Obesity is now a bigger cause of deaths in Scotland and England than smoking, according to new research.
Since 2014, obesity and excess body fat has been a higher contributor of deaths than smoking in both Scotland and England, research published in the BMC Public Health journal has shown.
The authors, from Glasgow University, analysed data collected between 2003 and 2017 as part of the Health Surveys for England and Scottish Health Surveys of 192,239 adults across England and Scotland.

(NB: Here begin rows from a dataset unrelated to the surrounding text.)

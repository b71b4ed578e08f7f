-- ===== src/Torch/Modules.antt =====
-- native/src/training/training_bridge_torch.cc: the linear modules.
pub mod Parameters
use Prim.Native.String.{String}
use tensora.Core.Status.{fail_argument}
use tensora.Float.{Float32}
use tensora.Tensor.{Tensor, Device}
use tensora.Registry.Entries.{module_handle}
use tensora.Steps.{Steps, ◌>>=◌, ◌>>◌, return, fail, check, Output, to_caller, need}
use tensora.Torch.Library.{Torch, Torched, ask_torch, read_torch, guard_allocation}
use tensora.Torch.Backend.{tensor_to_torch, wrap_torch_tensor, torch_device}
use tensora.Torch.Nn.{
  TorchNn, TorchTrain, TorchObject, linear_state, on_host, call_torch, lookup_torch_module,
  torch_register, torch_release,
}
use tensora.Prelude.{
  ℕ, ◌==◌, not, ◌&&◌, Bool, Option, none, some, List, ℤ, is_nonpos, length, get_elem?,
}

-- `ValidateModuleDimensions` of training_bridge_torch.cc.
unfoldable pub torch_validate_dimensions : {S : Type 0} → ℤ → ℤ → Steps S (Unit {0})
torch_validate_dimensions in_features out_features =
    check (not (is_nonpos in_features) && not (is_nonpos out_features))
      (fail_argument "linear_create: in_features and out_features must be positive")

module _ {F D X R N O A : Type 0} (torch : Torch F X R) (nn : TorchNn D X R N O A) where
  -- `LinearCreate` of training_bridge_torch.cc.
  unfoldable pub torch_linear_create : ℤ → ℤ → Bool → Output → TorchTrain F X R N O ℕ
  unfolding torch_validate_dimensions guard_allocation
  torch_linear_create in_features out_features use_bias out = do
    need out "linear_create: output handle pointer is null"
    torch_validate_dimensions in_features out_features
    on_host (guard_allocation "linear_create")
    state ← on_host (ask_torch "linear_create" (nn.new_linear in_features out_features use_bias))
    torch_register module_handle (linear_state state)

  -- `ModuleForward` of training_bridge_torch.cc.
  unfoldable pub torch_module_forward :
      ⦃fl : Float32 F⦄ → ℕ → Tensor → Output → TorchTrain F X R N O ℕ
  unfolding lookup_torch_module tensor_to_torch wrap_torch_tensor
  torch_module_forward module_id input out = do
    need out "module_forward: output tensor pointer is null"
    state ← lookup_torch_module module_id
    value ← on_host (tensor_to_torch torch input to_caller)
    result ← on_host (ask_torch "module_forward" (nn.forward state value))
    on_host (wrap_torch_tensor torch result out)

  -- `ModuleSetTraining` of training_bridge_torch.cc.
  unfoldable pub torch_module_set_training : ℕ → Bool → TorchTrain F X R N O (Unit {0})
  unfolding lookup_torch_module
  torch_module_set_training module_id training = do
    state ← lookup_torch_module module_id
    on_host (call_torch (nn.train state training))

  -- `ModuleToDevice` of training_bridge_torch.cc.
  unfoldable pub torch_module_to_device : ℕ → Device → ℤ → TorchTrain F X R N O (Unit {0})
  unfolding lookup_torch_module torch_device
  torch_module_to_device module_id device device_index = do
    state ← lookup_torch_module module_id
    target ← on_host (torch_device torch device device_index to_caller)
    on_host (ask_torch "module_to_device" (nn.module_to state target))

  -- `ModuleParameterCount` of training_bridge_torch.cc.
  unfoldable pub torch_parameter_count : ℕ → Output → TorchTrain F X R N O ℕ
  unfolding lookup_torch_module
  torch_parameter_count module_id out = do
    need out "module_parameter_count: output pointer is null"
    state ← lookup_torch_module module_id
    parameters ← on_host (read_torch (nn.parameters state))
    return (length parameters)

  -- The tensor of libtorch at an index, wrapped: there is none where the index is not below the size.
  wrap_found : Option X → String → Output → Torched F X R ℕ
  unfolding wrap_torch_tensor
  wrap_found none message out = fail (fail_argument message)
  wrap_found (some x) message out = wrap_torch_tensor torch x out

  -- `ModuleParameterAt` of training_bridge_torch.cc.
  unfoldable pub torch_parameter_at : ℕ → ℕ → Output → TorchTrain F X R N O ℕ
  unfolding lookup_torch_module wrap_found
  torch_parameter_at module_id index out = do
    need out "module_parameter_at: output tensor pointer is null"
    state ← lookup_torch_module module_id
    parameters ← on_host (read_torch (nn.parameters state))
    on_host
        (wrap_found (get_elem? parameters index) "module_parameter_at: index is out of range" out)

  -- `ModuleBufferCount` of training_bridge_torch.cc.
  unfoldable pub torch_buffer_count : ℕ → Output → TorchTrain F X R N O ℕ
  unfolding lookup_torch_module
  torch_buffer_count module_id out = do
    need out "module_buffer_count: output pointer is null"
    state ← lookup_torch_module module_id
    buffers ← on_host (read_torch (nn.buffers state))
    return (length buffers)

  -- `ModuleBufferAt` of training_bridge_torch.cc.
  unfoldable pub torch_buffer_at : ℕ → ℕ → Output → TorchTrain F X R N O ℕ
  unfolding lookup_torch_module wrap_found
  torch_buffer_at module_id index out = do
    need out "module_buffer_at: output tensor pointer is null"
    state ← lookup_torch_module module_id
    buffers ← on_host (read_torch (nn.buffers state))
    on_host (wrap_found (get_elem? buffers index) "module_buffer_at: index is out of range" out)

  -- `ModuleSave` of training_bridge_torch.cc.
  unfoldable pub torch_module_save : ℕ → List ℕ → TorchTrain F X R N O (Unit {0})
  unfolding lookup_torch_module
  torch_module_save module_id path = do
    check (not (length path == 0)) (fail_argument "module_save: checkpoint path is empty")
    state ← lookup_torch_module module_id
    archive ← on_host (ask_torch "module_save" (nn.save state))
    on_host (ask_torch "module_save" (nn.save_to archive path))

  -- `ModuleLoad` of training_bridge_torch.cc.
  unfoldable pub torch_module_load : ℕ → List ℕ → TorchTrain F X R N O (Unit {0})
  unfolding lookup_torch_module
  torch_module_load module_id path = do
    check (not (length path == 0)) (fail_argument "module_load: checkpoint path is empty")
    state ← lookup_torch_module module_id
    archive ← on_host (ask_torch "module_load" (nn.load_from path))
    on_host (ask_torch "module_load" (nn.load state archive))

-- `ModuleRelease` of training_bridge_torch.cc.
unfoldable pub torch_module_release : {F X R N O : Type 0} → ℕ → TorchTrain F X R N O (Unit {0})
torch_module_release = torch_release module_handle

The respondents were 50 years old on average.
The team found that between 2003 and 2017, deaths attributable to smoking decreased from 23.1% to 19.4%.
In the same period, deaths attributed to obesity and excess body fat have increased from 17.9% to 23.1%, with the overtake occurring in 2014.
Jill Pell, who was one of the authors of the article, said: “For several decades smoking has been a major target of public health interventions as it is a leading cause of avoidable deaths.
“As a result, the prevalence of smoking has fallen in the UK. At the same time the prevalence of obesity has increased.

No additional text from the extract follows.